**What is expected:** The entries below contain a stretch that opens with the line containing "abbrev pub duration : Measurement → Timespec" and closes with the line containing "NotAfter lo' lo"; set down that stretch exactly, both ends included, and nothing else.

**Records for this exercise:**
################

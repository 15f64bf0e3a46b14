-- ===== src/Trigger/Stats.antt =====
-- What tstat_update keeps of a series of measurements.
use microblx.Base.{
  ◌%◌, ◌^◌, ◌≡◌, ◌≢◌, refl, ap₂, ◌∙◌, Option, List, [], ◌∷◌, arith, length, All, if◌then◌else◌,
  Bool, true, false, ◌⊎◌, inl, inr,
}
use microblx.Base.Int.{ℤ, pos, negsuc, ◌+ℤ◌, ◌*ℤ◌, ◌-ℤ◌, eqb_ℤ}
use microblx.Time.{Timespec, ts_cmp, ts_sub}
use microblx.Time.Norm.{total}
use microblx.Time.Order.{total-ts_add, total-ts_sub}
use microblx.Store.{CStr}
use microblx.Trigger.{Tstat, long_max, tstat_init2, tstat_update}

-- The start and the end of a measurement.
abbrev pub Measurement : Type 0
Measurement = Timespec × Timespec

abbrev pub duration : Measurement → Timespec
duration m = ts_sub m.1 m.0

-- The statistics after some measurements, the latest of which stands first.
unfoldable pub measured : CStr → Option CStr → List Measurement → Tstat
measured block_name chain_id [] = tstat_init2 block_name chain_id
measured block_name chain_id (m ∷ ms) = tstat_update (measured block_name chain_id ms) m.0 m.1

-- The sum of all durations, in nanoseconds.
abbrev pub sum_durations : List Measurement → ℤ
sum_durations [] = pos 0
sum_durations (m ∷ ms) = sum_durations ms +ℤ (total m.1 -ℤ total m.0)

abbrev pub NotAfter : Timespec → Timespec → Type 0
NotAfter a b = ts_cmp a b ≢ pos 1

NotAfter-trans : (a b c : Timespec) → NotAfter a b → NotAfter b c → NotAfter a c
unfolding ts_cmp
NotAfter-trans a b c h k = λ e. ground arith

lesser_lem :
    (a b : Timespec)
    → let least = if eqb_ℤ (ts_cmp a b) (negsuc 0) then a else b in
      NotAfter least a × NotAfter least b
unfolding ts_cmp
lesser_lem a b = (λ e. ground arith, λ e. ground arith)

greater_lem :
    (a b : Timespec)
    → let most = if eqb_ℤ (ts_cmp a b) (pos 1) then a else b in NotAfter a most × NotAfter b most
unfolding ts_cmp
greater_lem a b = (λ e. ground arith, λ e. ground arith)

abbrev start_min : Timespec
start_min = record { sec = long_max; nsec = long_max }

abbrev start_max : Timespec
start_max = record { sec = pos 0; nsec = pos 0 }

-- A time that a measurement took.
abbrev pub Attained : List Measurement → Timespec → Type 0
Attained [] t = ⊥
Attained (m ∷ ms) t = (t ≡ duration m) ⊎ Attained ms t

-- What the statistics say of the measurements.
pub record Summary (ms : List Measurement) (stats : Tstat) : Type 0 where
  pub counted : stats.cnt ≡ length ms % 2 ^ 64
  pub summed : total stats.total ≡ sum_durations ms
  pub bounded :
      All
        (λ (m : Measurement). NotAfter stats.min (duration m) × NotAfter (duration m) stats.max)
        ms
  pub least : (stats.min ≡ start_min) ⊎ Attained ms stats.min
  pub most : (stats.max ≡ start_max) ⊎ Attained ms stats.max

still-bounded :
    (ms : List Measurement) (lo hi lo' hi' : Timespec)
    → NotAfter lo' lo
    → NotAfter hi hi'
    → All (λ (m : Measurement). NotAfter lo (duration m) × NotAfter (duration m) hi) ms
    → All (λ (m : Measurement). NotAfter lo' (duration m) × NotAfter (duration m) hi') ms
still-bounded [] lo hi lo' hi' low high all = tt
still-bounded (m ∷ ms) lo hi lo' hi' low high ((l, h), all) = (
  (NotAfter-trans lo' lo (duration m) low l, NotAfter-trans (duration m) hi hi' h high),
  still-bounded ms lo hi lo' hi' low high all,
)

chosen_lem :
    (start old new : Timespec) (b : Bool) (m : Measurement) (ms : List Measurement)
    → new ≡ duration m
    → (old ≡ start) ⊎ Attained ms old
    → ((if b then new else old) ≡ start) ⊎ Attained (m ∷ ms) (if b then new else old)
chosen_lem start old new true m ms is before = inr (inl is)
chosen_lem start old new false m ms is (inl e) = inl e
chosen_lem start old new false m ms is (inr there) = inr (inr there)

total_zero : total (record { sec = pos 0; nsec = pos 0 }) ≡ pos 0
unfolding ◌+ℤ◌ ◌*ℤ◌
total_zero = refl

-- After any measurements, the count is their number, modulo 2^64, the total is the sum of their
-- durations, no duration is below the minimum or above the maximum, and each of these is one of the
-- durations or still what it was at first: LONG_MAX seconds and nanoseconds, and 0.
pub measured-Summary :
    (block_name : CStr) (chain_id : Option CStr) (ms : List Measurement)
    → Summary ms (measured block_name chain_id ms)
unfolding measured tstat_init2 tstat_update
measured-Summary block_name chain_id [] = record {
  counted = omega arith;
  summed = total_zero;
  bounded = tt;
  least = inl refl;
  most = inl refl;
}
measured-Summary block_name chain_id (m ∷ ms) =
    let before = measured block_name chain_id ms in
    let earlier = measured-Summary block_name chain_id ms in
    let least = lesser_lem (duration m) before.min in
    let most = greater_lem (duration m) before.max in
    record {
      counted = omega (arith, earlier.counted);
      summed =
          total-ts_add before.total (duration m) ∙ ap₂ ◌+ℤ◌ earlier.summed (total-ts_sub m.1 m.0);
      bounded = (
        (least.0, most.0),
        still-bounded ms before.min before.max (measured block_name chain_id (m ∷ ms)).min
            (measured block_name chain_id (m ∷ ms)).max least.1 most.1 earlier.bounded,
      );
      least =
          chosen_lem start_min before.min (duration m)
            (eqb_ℤ (ts_cmp (duration m) before.min) (negsuc 0)) m ms refl earlier.least;
      most =
          chosen_lem start_max before.max (duration m)
            (eqb_ℤ (ts_cmp (duration m) before.max) (pos 1)) m ms refl earlier.most;
    }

################

**Exercise output:**
abbrev pub duration : Measurement → Timespec
duration m = ts_sub m.1 m.0

-- The statistics after some measurements, the latest of which stands first.
unfoldable pub measured : CStr → Option CStr → List Measurement → Tstat
measured block_name chain_id [] = tstat_init2 block_name chain_id
measured block_name chain_id (m ∷ ms) = tstat_update (measured block_name chain_id ms) m.0 m.1

-- The sum of all durations, in nanoseconds.
abbrev pub sum_durations : List Measurement → ℤ
sum_durations [] = pos 0
sum_durations (m ∷ ms) = sum_durations ms +ℤ (total m.1 -ℤ total m.0)

abbrev pub NotAfter : Timespec → Timespec → Type 0
NotAfter a b = ts_cmp a b ≢ pos 1

NotAfter-trans : (a b c : Timespec) → NotAfter a b → NotAfter b c → NotAfter a c
unfolding ts_cmp
NotAfter-trans a b c h k = λ e. ground arith

lesser_lem :
    (a b : Timespec)
    → let least = if eqb_ℤ (ts_cmp a b) (negsuc 0) then a else b in
      NotAfter least a × NotAfter least b
unfolding ts_cmp
lesser_lem a b = (λ e. ground arith, λ e. ground arith)

greater_lem :
    (a b : Timespec)
    → let most = if eqb_ℤ (ts_cmp a b) (pos 1) then a else b in NotAfter a most × NotAfter b most
unfolding ts_cmp
greater_lem a b = (λ e. ground arith, λ e. ground arith)

abbrev start_min : Timespec
start_min = record { sec = long_max; nsec = long_max }

abbrev start_max : Timespec
start_max = record { sec = pos 0; nsec = pos 0 }

-- A time that a measurement took.
abbrev pub Attained : List Measurement → Timespec → Type 0
Attained [] t = ⊥
Attained (m ∷ ms) t = (t ≡ duration m) ⊎ Attained ms t

-- What the statistics say of the measurements.
pub record Summary (ms : List Measurement) (stats : Tstat) : Type 0 where
  pub counted : stats.cnt ≡ length ms % 2 ^ 64
  pub summed : total stats.total ≡ sum_durations ms
  pub bounded :
      All
        (λ (m : Measurement). NotAfter stats.min (duration m) × NotAfter (duration m) stats.max)
        ms
  pub least : (stats.min ≡ start_min) ⊎ Attained ms stats.min
  pub most : (stats.max ≡ start_max) ⊎ Attained ms stats.max

still-bounded :
    (ms : List Measurement) (lo hi lo' hi' : Timespec)
    → NotAfter lo' lo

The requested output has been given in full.